[Opening Records to process section]

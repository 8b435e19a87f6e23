-- ===== src/Tests/P2Program.antt =====
-- Processes of phase2/p2test.c against given answers.
use multi_pand_os.Base.{ℕ, ◌+◌, ◌≡◌, refl, [], ◌∷◌, arith}
use multi_pand_os.Exceptions.Syscalls.{passeren, verhogen}
use multi_pand_os.P2Test.Names.{Image}
use multi_pand_os.P2Test.Print.{print_codes}
use multi_pand_os.P2Test.Timing.{await_tick}
use multi_pand_os.P2Test.Follow.{call, returned, panicked, follow}
use multi_pand_os.P2Test.Printed.{sends, print_codes-calls, print_codes-panics}
use multi_pand_os.P2Test.Waiting.{Tick, await_tick-ends, waited}

abbrev image : Image
image = record { at = λ g. 0x20002000; entry = λ e. 0x20001000; except_state = λ s. 0; reg_sp = 1 }

-- OK, with RECVD for both characters.
print_codes-calls_example :
    follow (print_codes image (0x4f ∷ 0x4b ∷ [])) (0 ∷ 5 ∷ 0x105 ∷ 0 ∷ 7 ∷ []) ≡ (
      call passeren 0x20002000 0 0 ∷ sends 0x4f ∷ sends 0x4b ∷ call verhogen 0x20002000 0 0 ∷ [],
      returned (7 ∷ []),
    )
print_codes-calls_example =
    print_codes-calls image (0x4f ∷ 0x4b ∷ []) (5 ∷ 0x105 ∷ []) (7 ∷ []) 0 0 refl refl

-- The second character fails.
print_codes-panics_example :
    follow (print_codes image (0x4f ∷ 0x4b ∷ 0x0a ∷ [])) (0 ∷ 5 ∷ 4 ∷ [])
    ≡ (call passeren 0x20002000 0 0 ∷ sends 0x4f ∷ sends 0x4b ∷ [], panicked)
print_codes-panics_example =
    print_codes-panics image (0x4f ∷ []) 0x4b (0x0a ∷ []) (5 ∷ []) 4 [] 0 refl refl refl

abbrev tick_of : ℕ → Tick
tick_of t = record { before = 1000; answer = 0; after = 1000 + t }

-- A short tick, and one of a whole clock interval.
await_tick-ends_example :
    follow (await_tick image 3 0 0) (1000 ∷ 0 ∷ 1200 ∷ 1000 ∷ 0 ∷ 101000 ∷ [])
    ≡ (waited 2, returned [])
await_tick-ends_example =
    await_tick-ends image (tick_of 200 ∷ []) (tick_of 100000) [] 3 refl refl (omega arith)
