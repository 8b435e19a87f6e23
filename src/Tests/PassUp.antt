-- ===== src/Tests/PassUp.antt =====
-- A page fault of a process with a support structure, in phase2/exceptions.c.
use multi_pand_os.Base.{◌+◌, ◌≡◌, refl, arith}
use multi_pand_os.Kernel.{Kernel}
use multi_pand_os.Machine.{Machine, stop, ldcxt}
use multi_pand_os.Dispatcher.{exception_handler}
use multi_pand_os.Dispatcher.PassUp.{Supported, exception_handler-ldcxt}
use multi_pand_os.Tests.Data.{lay, mach, alone, memory}

-- The cause has the code 3.
abbrev faulting : Machine
faulting = record mach { cause = 12 }

abbrev faulted : Kernel
faulted = record (memory alone) {
  current_process = λ i. 1000;
  p_support_struct = λ p. 70000;
  sup_pc = λ s t. s + t;
}

faulted-Supported : Supported faulting faulted 1000 70000
faulted-Supported = record {
  in_range = omega arith;
  runs = refl;
  process = omega arith;
  state = omega arith;
  structure = refl;
  given = omega arith;
}

exception_handler-ldcxt_example :
    exception_handler lay faulting faulted ≡ stop (ldcxt 0 0 70000) faulted
exception_handler-ldcxt_example =
    exception_handler-ldcxt lay faulting faulted 1000 70000 (omega arith) (omega arith)
      faulted-Supported
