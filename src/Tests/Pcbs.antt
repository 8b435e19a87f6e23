-- ===== src/Tests/Pcbs.antt =====
-- Queues, the free list and the tree of phase1/pcb.c at concrete PCBs.
use multi_pand_os.Base.{◌≡◌, refl, some, List, [], ◌∷◌, arith}
use multi_pand_os.Base.Word.{add32}
use multi_pand_os.Listx.{list_add_tail}
use multi_pand_os.Listx.Ring.{Ring}
use multi_pand_os.Listx.Edit.{list_add_tail-Ring}
use multi_pand_os.Kernel.{Kernel, null, p_sib}
use multi_pand_os.Pcb.{alloc_pcb, insert_child, out_child, remove_child, out_proc_q, remove_proc_q}
use multi_pand_os.Pcb.Fifo.{Op, insert, remove, out, Runs, run-spec_run}
use multi_pand_os.Pcb.Alloc.{IsFresh, alloc_pcb_lem}
use multi_pand_os.Pcb.First.{out_child-remove_child, out_proc_q-remove_proc_q}
use multi_pand_os.Pcb.Tree.{Family, insert_child_lem, out_child_lem}
use multi_pand_os.Tests.Data.{lay, alone, memory, alone-Ring}

abbrev ops : List Op
ops = insert 1000 ∷ insert 1192 ∷ insert 1384 ∷ out 1192 ∷ remove ∷ remove ∷ remove ∷ []

run-spec_run_example : Runs 400 ops (memory alone) []
run-spec_run_example =
    run-spec_run 400 ops (memory alone) [] (record { queue = alone-Ring 400; few = omega arith })
      (
        (refl, omega arith),
        ((refl, omega arith), ((refl, omega arith), (tt, (tt, (tt, (tt, tt)))))),
      )

-- One free PCB.
abbrev one_free : Kernel
one_free = memory (list_add_tail 1000 100 alone)

one_free-Ring : Ring one_free.links 100 (1000 ∷ [])
one_free-Ring = list_add_tail-Ring 1000 100 [] (alone-Ring 100) refl

alloc_pcb_lem_example :
    let k' = (alloc_pcb lay one_free).1 in
    ((alloc_pcb lay one_free).0 ≡ some 1000)
    × IsFresh lay 1 k' 1000
    × Ring k'.links 100 []
    × (k'.next_pid ≡ add32 1 1)
alloc_pcb_lem_example =
    alloc_pcb_lem lay one_free 1000 [] one_free-Ring (omega arith)
      (refl, (refl, (refl, (refl, tt))))

no_child : Family (memory alone) 1000 []
no_child = record { ring = alone-Ring 1012; parents = tt }

abbrev parent : Kernel
parent = insert_child 1000 1384 (insert_child 1000 1192 (memory alone))

two_children : Family parent 1000 (1192 ∷ 1384 ∷ [])
two_children =
    insert_child_lem (insert_child 1000 1192 (memory alone)) 1000 1384 (1192 ∷ [])
      (insert_child_lem (memory alone) 1000 1192 [] no_child refl) refl

out_child_lem_example :
    let k' = (out_child 1192 parent).1 in
    ((out_child 1192 parent).0 ≡ some 1192)
    × Family k' 1000 (1384 ∷ [])
    × (k'.p_parent 1192 ≡ null)
    × Ring k'.links (p_sib 1192) []
out_child_lem_example = out_child_lem parent 1000 1192 [] (1384 ∷ []) two_children (omega arith)

out_child-remove_child_example : out_child 1192 parent ≡ remove_child 1000 parent
out_child-remove_child_example =
    out_child-remove_child parent 1000 1192 (1384 ∷ []) two_children (omega arith)

out_proc_q-remove_proc_q_example : out_proc_q 100 1000 one_free ≡ some (remove_proc_q 100 one_free)
out_proc_q-remove_proc_q_example =
    out_proc_q-remove_proc_q one_free 100 1000 [] one_free-Ring (omega arith)
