-- ===== src/Tests/Pools.antt =====
-- Two PCBs that are allocated, queued and released.
use multi_pand_os.Base.{ℕ, ◌≡◌, refl, Bool, Option, none, some, List, [], ◌∷◌, arith, has}
use multi_pand_os.Base.Tally.{tally}
use multi_pand_os.Listx.{list_add_tail, list_add_between}
use multi_pand_os.Kernel.{Kernel}
use multi_pand_os.Pcb.Pools.{
  Pools, pcbs, Call, alloc, release, enqueue, dequeue, drop, Placed, perform_all,
}
use multi_pand_os.Pcb.Pools.Runs.{perform_all-moves}
use multi_pand_os.Tests.Data.{lay, alone, memory}

abbrev is_node : ℕ → Bool
is_node a = has a (100 ∷ 400 ∷ 1000 ∷ 1192 ∷ [])

abbrev two_free : Kernel
two_free = memory (list_add_tail 1192 100 (list_add_tail 1000 100 alone))

abbrev unused : Pools
unused = record { free = 1000 ∷ 1192 ∷ []; ready = []; held = [] }

unused-Placed : Placed lay 400 is_node two_free unused
unfolding list_add_tail list_add_between
unused-Placed = record {
  free = record {
    chain = ((refl, refl), ((refl, refl), tt));
    closed = (refl, refl);
    distinct = (refl, (refl, (refl, tt)));
  };
  ready = record { chain = tt; closed = (refl, refl); distinct = (refl, tt) };
  distinct = (refl, (refl, (refl, (refl, tt))));
  few = omega arith;
  nodes = λ a i. i;
  inner = λ p i. ground (arith, i);
  no_null = refl;
}

abbrev calls : List Call
calls =
    alloc
    ∷ alloc
    ∷ alloc
    ∷ enqueue 1000
    ∷ enqueue 1192
    ∷ drop 1000
    ∷ dequeue
    ∷ release 1192
    ∷ release 1000
    ∷ alloc
    ∷ []

abbrev answers : List (Option ℕ)
answers =
    some 1000
    ∷ some 1192
    ∷ none
    ∷ none
    ∷ none
    ∷ some 1000
    ∷ some 1192
    ∷ none
    ∷ none
    ∷ some 1192
    ∷ []

perform_all-moves_example :
    (k' : Kernel) × (perform_all lay 400 calls two_free ≡ some (answers, k'))
    × Placed lay 400 is_node k' (record { free = 1000 ∷ []; ready = []; held = 1192 ∷ [] })
    × ((a : ℕ) → tally a (1000 ∷ 1192 ∷ []) ≡ tally a (pcbs unused))
perform_all-moves_example =
    perform_all-moves lay 400 is_node calls two_free unused unused-Placed
      (tt, (tt, (tt, (refl, (refl, (tt, (tt, (refl, (refl, (tt, tt))))))))))
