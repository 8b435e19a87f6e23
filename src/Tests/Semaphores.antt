-- ===== src/Tests/Semaphores.antt =====
-- phase1/asl.c at two semaphores.
use multi_pand_os.Base.{◌≡◌, some, [], ◌∷◌}
use multi_pand_os.Listx.Ring.{Ring}
use multi_pand_os.Kernel.{with_links, Kernel}
use multi_pand_os.Asl.{remove_blocked}
use multi_pand_os.Asl.Remove.{remove_blocked_lem}
use multi_pand_os.Tests.Data.{lay, waiting, waiting-Waiting, waiting-Located}

remove_blocked_lem_example :
    (k' : Kernel) × (remove_blocked lay 50000 (waiting 50000) ≡ some (some 1000, k'))
    × Ring k'.links 300 []
    × Ring k'.links 200 (6012 ∷ [])
    × Ring k'.links 1000 (1192 ∷ [])
    × Ring k'.links 6004 []
    × (k' ≡ with_links (λ _. k'.links) (waiting 50000))
remove_blocked_lem_example =
    remove_blocked_lem 50000 6000 [] [] [] 1000 (1192 ∷ []) (waiting-Waiting 50000)
      (waiting-Located 50000)
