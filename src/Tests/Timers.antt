-- ===== src/Tests/Timers.antt =====
-- The local timer with three processes that take turns.
use multi_pand_os.Base.{ℕ, ◌≡◌, refl, some, [], ◌∷◌, arith}
use multi_pand_os.Kernel.{Kernel, State, zero_state}
use multi_pand_os.Machine.{Machine}
use multi_pand_os.Exceptions.Termination.{pass_up_or_die}
use multi_pand_os.Interrupts.RoundRobin.{Charged, run_slices-round}
use multi_pand_os.Interrupts.Turns.{Slice, Turn, run_slices}
use multi_pand_os.Dispatcher.{exception_handler}
use multi_pand_os.Dispatcher.Timer.{exception_handler-mtip}
use multi_pand_os.Tests.Data.{lay, mach, two-Ring}
use multi_pand_os.Tests.Nucleus.{two_ready}

-- The local timer's bit and that of the timers.
abbrev timer : Machine
timer = record mach { cause = 0x240 }

-- The process at 1384 runs, and two are ready.
abbrev three_turns : Kernel
three_turns = record two_ready {
  current_process = λ i. 1384;
  p_s = λ p. record zero_state { pc_epc = p };
}

abbrev numbered : ℕ → State
numbered n = record zero_state { pc_epc = n }

abbrev slice : ℕ → Slice
slice n = record { word = λ a. n; saved_state = numbered n }

three-Turn : Turn lay timer three_turns (1384 ∷ 1000 ∷ 1192 ∷ [])
three-Turn = record {
  state = omega arith;
  current = refl;
  queue = two-Ring;
  distinct = (refl, (refl, (refl, (refl, (refl, tt)))));
}

run_slices-round_example :
    (k' : Kernel) × (run_slices lay timer (slice 1 ∷ slice 2 ∷ slice 3 ∷ []) three_turns
      ≡ some (numbered 1000 ∷ numbered 1192 ∷ numbered 1384 ∷ [], k'))
    × Turn lay timer k' (1384 ∷ 1000 ∷ 1192 ∷ [])
    × (k'.p_s ≡ three_turns.p_s)
    × Charged three_turns k' (1384 ∷ 1000 ∷ 1192 ∷ [])
run_slices-round_example =
    run_slices-round lay timer (slice 1 ∷ slice 2 ∷ slice 3 ∷ []) (1384 ∷ 1000 ∷ 1192 ∷ [])
      three_turns (omega arith) refl three-Turn

exception_handler-mtip_example :
    exception_handler lay timer three_turns ≡ pass_up_or_die lay timer 1 0 three_turns
exception_handler-mtip_example = exception_handler-mtip lay timer three_turns refl
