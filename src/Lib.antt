-- ===== src/Lib.antt =====
-- Models and proofs for OMF Retrieval, a service that answers questions over the design wiki of one
-- repository with ranked evidence.
--
-- A request carries a client token. `ClientAccessService` (application/admin) authenticates the
-- token, checks the client's grant for the source, and only then calls `SearchService`
-- (application/search), which finds the active index, embeds the query, fetches keyword and vector
-- candidates, fuses the two lanes by reciprocal rank and groups the result by parent section. Which
-- index is active is decided by `ActivationService`: each source has at most one active and one
-- previous generation, an activation or a rollback moves them in one transaction, and the audit is
-- written after the commit.
--
-- Paths below start at src/omf_retrieval.
--   Prelude            tests, lists, equality, dictionaries, sorting, `str`, `float`, exceptions
--   Search/Ports       application/search/ports.py: the value objects and their validation
--   Search/Rrf         application/search/rrf.py: `reciprocal_rank_fusion`; Spec and Laws hold the
--                      specification without dictionaries, Order and Falling the order of the result,
--                      Cover and Places what is in it and where it stands in the lanes,
--                      Overflow the division that raises
--   Search/Evidence    application/search/evidence.py: `group_evidence`
--   Search/Policy      application/search/policy.py: `SearchPolicySnapshot` and its validation
--   Search/Service     application/search/service.py: `SearchService.search` and `is_ready`
--   Admin/Base64       the URL-safe base64 and hexadecimal forms of application/admin/tokens.py
--   Admin/Tokens       application/admin/tokens.py: `issue_token`, `parse_token`
--   Admin/Store        infrastructure/database/repository_auth.py: the client tables
--   Admin/Access       application/admin/service.py: `create_client`, `authenticate`,
--                      `execute_authorized`
--   Indexing/Ports     application/indexing/ports.py: values of the chunker, and in Snapshot those of
--                      source snapshots, with their validation; `split_physical_lines`
--   Indexing/Structure application/indexing/ports.py: parsed Markdown with its validation
--   Indexing/Chunker   infrastructure/source/chunker.py. `ParentChildChunker`: Tokens and Groups
--                      are the tokenizer's answers, Excerpt the slices, Window the search for the
--                      end of a window, Normal and Atomic the children of the kinds of blocks,
--                      Units the parts of tables and lists, Split the section; Fits, Ends, Pack and
--                      Drafts hold the sizes, Source the places in the body, Split/Short the
--                      sections that are one chunk. `ParentContextBuilder`, in Context: Parts the
--                      excerpts of blocks, Select the search for blocks around a match, Oversized
--                      the part of one block, Build the whole; Grow, Halting and Chosen hold that
--                      the search ends within the limit, Meet, Seeds, Cover, Place and Inside that
--                      the match is inside, Widest the part of one block, Reparsed the checks of
--                      the builder, Bounds the result; Fills, Root and Whole hold that a text
--                      without headings is accepted when it is parsed again
--   Indexing/Markdown  infrastructure/source/markdown.py, `MarkdownItParser.parse`: Headings the
--                      heading tokens, Blocks the trees of blocks, Sections the sections with their
--                      blocks and gaps; Coverage and Nesting hold what `parse` gives,
--                      Total the documents for which it returns
--   Indexing/Tables    infrastructure/database/models.py: the tables of the index generations
--   Indexing/Activation  infrastructure/database/repository_activation.py: `activate`, and in
--                      Rollback `prepare_rollback` and `rollback`; Effect, Invariant and
--                      Rollback/History hold what they do and keep, Prune the garbage collection;
--                      Slots is what they promise of the active and the previous run of a source,
--                      Replaced, Moves, Rollback/Unique and Rollback/Refinement that they keep it
--   Indexing/Service   application/indexing/activation.py: `ActivationService.activate` and
--                      `rollback`, the commit and the audit after it
--   Examples           the models on concrete inputs
--
-- An exception is the value `raise e` of `Result`; a chain of calls is a do block, and a handler
-- is a function on `Result`. State is passed explicitly: an operation on the client tables takes a
-- `ClientDb` and returns the next one, and one that raises returns none, as its transaction is
-- rolled back. The order of calls and tests is the code's.
--
-- A dictionary is an association list in insertion order; `sorted` is a stable insertion sort; a
-- UUID is its integer; a time is a number; a text is its list of code points. Floats are an
-- interface with the laws of IEEE 754 that are used, so nothing depends on rounding; a division by
-- an int that is too large for a float raises. The event time of an activation tells the zone that
-- is UTC from others. Tests of exact types have no counterpart: the model's types exclude what they refuse. A limit is a
-- natural number, and a negative limit is refused as 0 is. `create_client` tries three times,
-- which is the code's bound. The deletion of contents in batches has fuel, one for each candidate,
-- which is enough since no batch is empty. The loops of the chunker have fuel: one round for each
-- token and one more, since each round passes a token; one round for each block of a tree; and the
-- last end for the ends that are probed, since the distance doubles. Around a match, there is one
-- round for each block of the section and one more, since each round adds a block, and one for each
-- window for the windows that are probed, since the distance doubles. Fuel that is used up is the
-- exception `out_of_fuel`, which `Ensures` excludes. Every other loop is structural recursion.
--
-- Parameters of the models: the tokenizer, markdown-it, SHA-256, the hash of a policy's JSON,
-- random bytes, clocks, new UUIDs, the repository and the embedding model behind a search, the
-- check of a rollback target's stored artifacts and of its readiness, the audit sink and the
-- outcome of a commit. A lock is the outcome of trying it, and a table that is read before the
-- lock is an argument of its own. The build of an index around the parser and the chunker, the SQL
-- of the search and the HTTP and command-line front ends are not modelled.
pub mod Prelude
pub mod Search
pub mod Admin
pub mod Indexing
pub mod Examples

[Closing Records to process section]

Prompt:
Output the listing above word for word, from the opening line through the line that contains "0x4b ∷ call", and leave out everything after it.

Final answer:
repository 8b435e19a87f6e23
-- ===== src/Tests/P2Program.antt =====
-- Processes of phase2/p2test.c against given answers.
use multi_pand_os.Base.{ℕ, ◌+◌, ◌≡◌, refl, [], ◌∷◌, arith}
use multi_pand_os.Exceptions.Syscalls.{passeren, verhogen}
use multi_pand_os.P2Test.Names.{Image}
use multi_pand_os.P2Test.Print.{print_codes}
use multi_pand_os.P2Test.Timing.{await_tick}
use multi_pand_os.P2Test.Follow.{call, returned, panicked, follow}
use multi_pand_os.P2Test.Printed.{sends, print_codes-calls, print_codes-panics}
use multi_pand_os.P2Test.Waiting.{Tick, await_tick-ends, waited}

abbrev image : Image
image = record { at = λ g. 0x20002000; entry = λ e. 0x20001000; except_state = λ s. 0; reg_sp = 1 }

-- OK, with RECVD for both characters.
print_codes-calls_example :
    follow (print_codes image (0x4f ∷ 0x4b ∷ [])) (0 ∷ 5 ∷ 0x105 ∷ 0 ∷ 7 ∷ []) ≡ (
      call passeren 0x20002000 0 0 ∷ sends 0x4f ∷ sends 0x4b ∷ call verhogen 0x20002000 0 0 ∷ [],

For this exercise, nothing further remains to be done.